5.1 原住民族女性勞動的雙重壓迫──原住民族身分、社會關係與家庭結構的地位

Leacock評判女性的家庭勞動根本就是再生產工作,沒有家庭勞動,女性就不能維繫本身的存在價值,也就沒有勞工。然而,企業主僱用男性支付薪資,但並不付給女性所能生產的能力,等於就是資本家的禮物(McGee,2007:439)。特別是企業主把從事生產的資本關係強加於僱用的原住民族,以及容忍社會政治地位卑賤之女性的身上。以前的平等社會裡,女性樂於與男性同等地位又享有充分的權利,後來被推翻破壞了,而由男性主宰女性。Leacock認為大多數民族誌的書寫完全跟著歐洲殖民主義起舞,民族誌裡所揭示的原住民族女性的壓迫根本就是一個錯誤;Leacock的論述受到世界體系理論極大的影響,尤其是1960-1970年代的新馬克思主義(McGee,2007:439~440)。

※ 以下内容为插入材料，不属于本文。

-- ===== src/Tests/Coordinator.antt =====
-- The theorems on the coordinator at concrete queues and workers.
use neu_chain.Prelude.{ℕ, ◌≤◌, ◌⊎◌, false, ◌≡◌, ◌≢◌, refl, inl, inr, some, List, [], ◌∷◌, arith}
use neu_chain.Transaction.{Transaction}
use neu_chain.Coordinator.{Workload, Limits, create_workloads}
use neu_chain.Coordinator.Queue.{TransactionQueue}
use neu_chain.Coordinator.Workloads.{Assigns, create_workloads-Assigns}
use neu_chain.Coordinator.Phases.{
  Worker, System, assigning, syncing_read, assigned, aria_read, reading, committing, start_reading,
  Step, assigns_new, acts_left, new_worker, Reach, here, next, hears, receives,
}
use neu_chain.Coordinator.Phases.Barrier.{Reach-apart, Reach-CanStep}
use neu_chain.Tests.Data.{copy}

abbrev in_epoch : ℕ → ℕ → Transaction
in_epoch e tid = record (copy tid "a" "b") { epoch = e }

abbrev limits : Limits
limits = record { current_epoch = 4; min_tx = 1; max_tx = 2 }

abbrev queue : TransactionQueue
queue = record {
  waiting = in_epoch 4 2 ∷ in_epoch 4 3 ∷ in_epoch 5 4 ∷ [];
  slot = some (in_epoch 4 1);
}

create_workloads-Assigns_example :
    (ws : List Workload) × (q : TransactionQueue) × (create_workloads limits 4 queue ≡ some (ws, q))
    × Assigns limits (in_epoch 4 1 ∷ in_epoch 4 2 ∷ in_epoch 4 3 ∷ []) (in_epoch 5 4) [] ws q
create_workloads-Assigns_example =
    create_workloads-Assigns limits (in_epoch 4 1 ∷ in_epoch 4 2 ∷ in_epoch 4 3 ∷ []) (in_epoch 5 4)
      [] queue refl (omega arith) (omega arith)

-- One worker reads while another is still to begin.
abbrev busy : Worker
busy = record { state = assigned; signal = aria_read; line = reading }

abbrev two_workers : System
two_workers = record {
  epoch = 4;
  received = 5;
  approved = λ e. false;
  phase = assigning;
  passed = [];
  left = busy ∷ new_worker ∷ [];
}

started : Reach 4 two_workers
started =
    next
      (next (next (hears here (receives 5 (omega arith) refl)) (assigns_new refl tt refl))
        (acts_left [] [] new_worker busy refl refl (start_reading refl refl refl)))
      (assigns_new refl ((λ h. cc), tt) refl)

Reach-apart_example : new_worker.line ≢ committing
Reach-apart_example =
    Reach-apart two_workers busy new_worker started (inl refl) (inr (inl refl)) refl

Reach-CanStep_example :
    ((u : System) × Step two_workers u)
    ⊎ ((two_workers.phase ≡ assigning) × (two_workers.received ≤ two_workers.epoch))
    ⊎ ((two_workers.phase ≡ syncing_read)
        × (two_workers.left ≡ [])
        × (two_workers.approved two_workers.epoch ≡ false))
Reach-CanStep_example = Reach-CanStep two_workers started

5.2  民族誌與人類學家、殖民主義、帝國主義等對土地、女性的迫害──大地之母

  Leacock指出,如果對原住民族社會的印象全部是否定的,那麼就該從其功能去理解;首先,最重要的是不能對澳洲原住民族殘酷的種族滅絕(brutal genocide)之影響,而容許用非科學又不道德方式加以評斷。其次,在分析澳洲土地權利而沒考慮到強制驅離海岸地區的衝擊,使得內陸許多原住民族失去土地與受到壓力的結果而消失,這是不該被原諒的(McGee,2007:441)。Leacock強調,忽視原住民族生命的歷史、經濟和政治實體,掩飾(gloss over)其強佔與壓迫的影響,因而誤解(misconstrue)社會關係獲自於原住民族本身掌控社會世界中自治的採集者與獵人。當有人爬梳(scrape)民族史資料的表面,或有人尋求女性在早期重要性的啟發之時,須尊重性別之間的關係(McGee,2007:442)。

6. 結論

  當歷史問題意識造成女性階層而有過於既有的生理生物學時,可從原本的共產主義關係之結構來理解,而且有部分被制式化關係的轉換過程完全改變了。早期資本社會需要有力的交換理論來支持,這種認知來自於馬克思主義的人類學家,但這種鐵板一塊的聯想,特別對傳統的結構論者發揮作用,這完全是反馬克思思想的論者基於原本共產主義社會的一種女性交換概念。只不過制式型社會在第一階段女性當成交換的過程,這樣的理解就受到嚴厲的挑戰;以價值、令人費解的勞動工作,以及合作生產的剝削,做為初始階段的轉化,都不無關係(McGee,2007:443)。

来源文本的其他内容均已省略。